■ Activity:
When the line containing "sequences of calls" appears in the data below, begin copying there and stop only after the line containing "SourceLink, RenderFooter, ChooseFooter".

━━━

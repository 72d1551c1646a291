-- ===== src/Codec/Deflate/Sums/Encoder.antt =====
-- src/codec_deflate.c: an encoder sums up the input that it takes, in every round of `deflate_process`.
use zukomp.Base.{
  ℕ, ◌+◌, ◌-◌, ◌*◌, ◌%◌, ◌≡◌, refl, subst, sym, ap, ◌∙◌, Bool, true, false, not, ◌&&◌, ◌||◌, ◌==◌,
  Option, some, take, drop, ltb, word, if◌then◌else◌, if_elim, if_split, again, leave, loop_keeps,
  Keeps, arith,
}
use zukomp.Buffer.{
  Buffer, bytes, IsValid, Advances, Advances-trans, Advances-refl, Advances-IsValid, avail_in,
  avail_out,
}
use zukomp.Types.{Status, zu_finish}
use zukomp.Codec.Miniz.{
  Code, mz_ok, mz_stream_end, mz_buf_error, mz_data_error, mz_mem_error, mz_param_error,
  mz_stream_error, mz_need_dict, mz_other, Engine, Turn, Bounded,
}
use zukomp.Codec.Deflate.{Deflate, Stage, header, body, trailer, member_end, done}
use zukomp.Codec.Deflate.Sound.{Sound}
use zukomp.Codec.Deflate.Rounds.{Good}
use zukomp.Codec.Deflate.Returns.{iteration-Good, run_returns}
use zukomp.Codec.Deflate.Sums.{Continues, Summed, Summed-trans}
use zukomp.Codec.Deflate.Life.{checksum_update}
use zukomp.Codec.Deflate.{Round, is_raw}
use zukomp.Codec.Deflate.Process.{
  write_out, in_header, turn, counted, moved, ended, carry_on, after_turn, in_body, no_more,
  at_member_end, concat, write_tail, read_tail, at_stage, iteration, run, returned, deflate_process,
}

module _ {M : Type 0} (e : Engine M) (s : Deflate M) (b : Buffer) where
  abbrev Tally : Round M → Type 0
  Tally (again (s', b')) = Summed e s b s' b'
  Tally (leave (st, s', b')) = Summed e s b s' b'

  -- Nothing is read and nothing summed up.
  idle : Summed e s b s b
  unfolding checksum_update
  idle = record {
    encoder_is = refl;
    wrap_is = refl;
    checksum_is = sym (
        ap (λ (n : ℕ). checksum_update e s.wrap s.checksum (take n (drop b.src_pos (bytes b.src))))
          {x = b.src_pos - b.src_pos} {y = 0} (omega arith));
    uncompressed_is = ap (λ (n : ℕ). n % word) (omega arith);
  }

  module _ (encodes : s.encoder ≡ true) (wrapped : is_raw s.wrap ≡ false) where
    write_out-Tally : Tally (write_out e s b)
    unfolding write_out
    write_out-Tally =
        if_elim Tally (ltb s.hdr_pos s.hdr_len) (if_elim Tally (avail_out b == 0) idle idle) idle

    header-Tally : (flush : ℕ) → Tally (in_header e flush s b)
    unfolding in_header
    header-Tally flush =
        if_split Tally s.encoder (λ _. write_out-Tally) (λ d. absurd (ground arith))

    trailer-Tally :
        (flush : ℕ) → Tally (if s.encoder then write_tail e s b else read_tail e flush s b)
    unfolding write_tail
    trailer-Tally flush =
        if_split Tally s.encoder
          (λ _.
            if_elim Tally (ltb s.tail_pos s.tail_len) (if_elim Tally (avail_out b == 0) idle idle)
              idle)
          (λ d. absurd (ground arith))

    concat_off : concat e s ≡ false
    unfolding concat
    concat_off = ground arith

    member-Tally : (flush : ℕ) → Tally (at_member_end e flush s b)
    unfolding at_member_end no_more
    member-Tally flush =
        if_split Tally (not (concat e s) || avail_in b == 0)
          (λ _.
            if_elim Tally
              (avail_in b == 0 && not s.encoder && concat e s && not (flush == zu_finish)) idle
              idle)
          (λ d. let off = concat_off in absurd (ground arith))

    counted-Summed : (t : Turn M) → Summed e s b (counted e s b t) (moved e b t)
    unfolding counted
    counted-Summed t = record {
      encoder_is = refl;
      wrap_is = refl;
      checksum_is =
          rw (wrapped, encodes)
            (ap
              (λ (n : ℕ).
                checksum_update e s.wrap s.checksum (take n (drop b.src_pos (bytes b.src))))
              (omega arith));
      uncompressed_is = rw (wrapped, encodes) (omega arith);
    }

    module _ (s' : Deflate M) (b' : Buffer) (here : Summed e s b s' b') where
      ended-Tally : Tally (ended e s' b')
      unfolding ended
      ended-Tally = if_elim Tally (is_raw s'.wrap) here here

      carry_on-Tally : (flush room : ℕ) (still : Bool) → Tally (carry_on e flush room still s' b')
      unfolding carry_on
      carry_on-Tally flush room still = if_elim Tally still here here

      after_turn-Tally :
          (flush room : ℕ) (still : Bool) (mz : Code)
          → Tally (after_turn e flush room still s' b' mz)
      unfolding after_turn
      after_turn-Tally flush room still mz_ok = carry_on-Tally flush room still
      after_turn-Tally flush room still mz_stream_end = ended-Tally
      after_turn-Tally flush room still mz_buf_error = carry_on-Tally flush room still
      after_turn-Tally flush room still mz_data_error = here
      after_turn-Tally flush room still mz_mem_error = here
      after_turn-Tally flush room still mz_param_error = here
      after_turn-Tally flush room still mz_stream_error = here
      after_turn-Tally flush room still mz_need_dict = here
      after_turn-Tally flush room still mz_other = here

    body-Tally : (flush : ℕ) → Tally (in_body e flush s b)
    unfolding in_body
    body-Tally flush =
        let t = turn e flush s b in
        if_elim Tally (avail_out b == 0 && s.encoder) idle (
          after_turn-Tally (counted e s b t) (moved e b t) (counted-Summed t) flush (avail_out b) _
            t.result)

    at_stage-Tally : (flush : ℕ) (st : Stage) → Tally (at_stage e st flush s b)
    unfolding at_stage
    at_stage-Tally flush header = header-Tally flush
    at_stage-Tally flush body = body-Tally flush
    at_stage-Tally flush trailer = trailer-Tally flush
    at_stage-Tally flush member_end = member-Tally flush
    at_stage-Tally flush done = idle

    iteration-Tally : (flush : ℕ) → Tally (iteration e flush (s, b))
    unfolding iteration
    iteration-Tally flush = at_stage-Tally flush s.stage

module _ {M : Type 0} (e : Engine M) (law : Bounded e) (sums : Continues e) (s : Deflate M)
    (b : Buffer) (v : IsValid b) (encodes : s.encoder ≡ true) (wrapped : is_raw s.wrap ≡ false)
    (flush : ℕ) where
  abbrev SoFar : Deflate M × Buffer → Type 0
  SoFar (t, c) = Advances b c × Summed e s b t c

  abbrev AtEnd : Status × Deflate M × Buffer → Type 0
  AtEnd (st, t, c) = Summed e s b t c

  go_on :
      (t : Deflate M) (c : Buffer) (o : Round M)
      → SoFar (t, c)
      → Good t c o
      → Tally e t c o
      → Keeps SoFar AtEnd o
  go_on t c (again (u, d)) p g q =
      (Advances-trans p.0 g.0, Summed-trans e sums s t u b c d p.0 g.0.src_le p.1 q)
  go_on t c (leave (st, u, d)) p g q = Summed-trans e sums s t u b c d p.0 g.0.src_le p.1 q

  run-Summed : (r : Status × Deflate M × Buffer) → run e s b flush ≡ some r → Summed e s b r.1 r.2
  unfolding run
  run-Summed r eq =
      loop_keeps (iteration e flush) SoFar AtEnd
        (λ x p.
          go_on x.0 x.1 (iteration e flush x) p
            (iteration-Good e law x.0 x.1 (Advances-IsValid v p.0) flush)
            (iteration-Tally e x.0 x.1 (p.1.encoder_is ∙ encodes) (ap is_raw p.1.wrap_is ∙ wrapped)
              flush))
        (8 * (avail_in b + avail_out b) + 6) (s, b) r (Advances-refl b v, idle e s b) eq

  -- An encoder with a wrapper, from a sound state and a valid buffer, where miniz keeps to what it is
  -- offered and its checksums, over bytes that are there, go on where they stopped: `deflate_process`
  -- comes back with a state, whose checksum is the old one taken on over exactly the input that the
  -- call took, and whose count of uncompressed bytes is, modulo 2^64, the old one and the number of
  -- those bytes.
  pub encoder_sums :
      Sound s
      → (t : Deflate M) × ((deflate_process e (some s) b flush).1 ≡ some t)
        × Summed e s b t (deflate_process e (some s) b flush).2
  unfolding deflate_process returned
  encoder_sums k =
      let (r, eq, _) = run_returns e law b v flush s k in
      (
        r.1,
        rw eq refl,
        subst (λ (o : Option (Status × Deflate M × Buffer)). Summed e s b r.1 (returned e s b o).2)
            (sym eq) (run-Summed r eq),
      )
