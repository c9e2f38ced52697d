-- ===== src/Lib.antt =====
-- Sakura-Nexus: the forwarding of the messages of channels, their conversion and sending, the settings,
-- the login of the web interface, the supervision of the services, and two small services.
--
-- The program. A user session receives channel messages and hands them to the forwarding engine
-- (internal/forwarding/engine.go). The engine collects the members of an album (album.go), and for
-- every rule of the source observes the group in the cursor of the rule (cursor.go), drops duplicates
-- and what the rule does not accept (filters.go), and queues a task. A consumer takes the tasks from the
-- queue, waits, rewrites, adds the footer (footer.go), sends with retries and finishes the messages in
-- the cursor, which is stored as it moves. After a restart the messages above the stored cursor are
-- fetched again, so the cursor must never pass a message that is not finished.
--
-- The files.
--   Base            Boolean tests on natural numbers, lists, texts as code points, maps as association
--                   lists, substrings
--   Domain          internal/domain: the data and the text forms of kinds and styles
--   Forwarding/Cursor   internal/forwarding/cursor.go: newCursorTracker, observe, terminal, current,
--                   pending; Loops and Terminal are about one call, Trace about sequences of calls
--   Forwarding/Album    internal/forwarding/album.go: Add, FlushDue, FlushAll, Pending
--   Forwarding/Filters  internal/forwarding/filters.go: BuildFilterView, MatchSource, ShouldForward
--   Forwarding/Footer   internal/forwarding/footer.go: SourceLink, RenderFooter, ChooseFooter
--   Forwarding/Engine   internal/forwarding/engine.go. State: the dependencies, the parameters, the
--                   state, refreshRules, delayFor, classifyFailure. Process: from a group to the queue.
--                   Retry: sendWithRetry. Execute: one task. Control: HandleNew, ApplySettings, the
--                   passes of the loops, drain and Backfill; Control/Reach: the steps of the
--                   goroutines and the engines that they reach, Control/Passes: the passes are made of
--                   these steps, Control/Settles: the fuel of drain
--   Telegram/RichBlock, RichLine, RichParse   internal/platform/telegram/rich_blocks.go: the blocks, the
--                   tests on a line, ParseRichBlocks
--   Telegram/RichSplit  internal/platform/telegram/rich_split.go
--   Telegram/Updates    internal/platform/telegram/updates.go: Dispatcher, ConvertMessage, Recovery;
--                   Entities and Media hold convertEntities and convertMedia, with the way back of
--                   outbound.go (tgEntities, mediaAttributes)
--   Telegram/Outbound   internal/platform/telegram/outbound.go: SendText, sendTextMTProto; SendMedia:
--                   SendFiles, ForwardMessages; TextSplit: splitLongText
--   Telegram/Peers, History   internal/platform/telegram/peers.go: InputPeer, IsPermanentSendError;
--                   history.go: GetHistory; Wizard: wizard.go, the login, whose goroutine
--                   stops where it sends into a full channel or receives from an empty one
--   Telegram/RichOutbound   internal/platform/telegram/rich_outbound.go: richRouter
--   Botapi          internal/platform/botapi: ChatID, Client.Call
--   Ai              internal/platform/ai/provider.go: Rewrite
--   Config/Settings     internal/config/settings.go: the settings and their checks; Center:
--                   SettingsCenter
--   Config/Env      internal/config/env.go: Load
--   App/Lifecycle   internal/app/lifecycle.go: supervise, coreFatal, RequestRestart, closeAll; Moves has
--                   the steps as relations, Backoff, Ends, Stops and Closing are about runs
--   Webapi          internal/webapi/auth.go: sessions, login lock, handlers
--   Logging         internal/logging/ring.go: the ring of log records; Fanout: fanout.go
--   Availability    internal/availability/availability.go: a published flag and its subscribers
--   Examples        concrete runs
--
-- How the code is modelled. The database, Telegram, the clock, randomness and the context are
-- functions on an unknown world in the record of dependencies; an operation takes the engine and the
-- world and returns both. Such an operation is what one goroutine does by itself. What the goroutines do
-- together is `Reachable`: a step is what one of them does under one lock, or one operation on the queue
-- or a counter, in any order and each with a world of its own. The sending of a task and its counting are
-- two steps, and so are its receipt and its settling, as no lock joins them. The queue is a list, and
-- blocking on a full queue is
-- the answer of `admit`. Ids, sizes and times are natural numbers and do not overflow; delays of a rule
-- are integers of nanoseconds in place of floating-point seconds. `unicode.ToLower`, case folding and
-- regular expressions of the Go library are parameters of the filters, and so is the hash of a text; the
-- splitting of a rich message starts from its blocks, and `rich_text_messages` puts the parser before
-- it. JSON, SQL, HTTP and the calls of Telegram are parameters where they are used, and the types of the
-- Telegram library have a constructor for each case that the source tells apart. The supervisors are a
-- list of states, and a run is a list of their moves in any order.
--
-- Fuel. `drain` polls in an endless loop, so it has fuel, one unit for one pass. In the model of its run the
-- consumer makes one pass between two polls, and no other goroutine makes a step, though the source polls
-- every 5 ms whatever the consumer does; a pass settles one task, and the last one finds that none is
-- left. `split_loop` has a unit for every character of
-- the text, as every round takes at least one, and `parse_lines` one for every line. The retries of a
-- call count down from three. All other loops recurse on their lists.
--
-- Not modelled: logs, the start and stop of the goroutines of the engine, stale temporary directories,
-- the normalizing of rich text, the readiness barrier, the removal of the token from error texts, and
-- the other packages: storage, the set-up of the Telegram clients, the other handlers of the web
-- interface and the commands, which are mostly calls of libraries.
pub mod Base
pub mod Domain
pub mod Forwarding
pub mod Telegram
pub mod Webapi
pub mod Logging
pub mod Availability
pub mod Botapi
pub mod Ai
pub mod Config
pub mod App
pub mod Examples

━━━

■ Solution to this problem:
--                   pending; Loops and Terminal are about one call, Trace about sequences of calls
--   Forwarding/Album    internal/forwarding/album.go: Add, FlushDue, FlushAll, Pending
--   Forwarding/Filters  internal/forwarding/filters.go: BuildFilterView, MatchSource, ShouldForward
--   Forwarding/Footer   internal/forwarding/footer.go: SourceLink, RenderFooter, ChooseFooter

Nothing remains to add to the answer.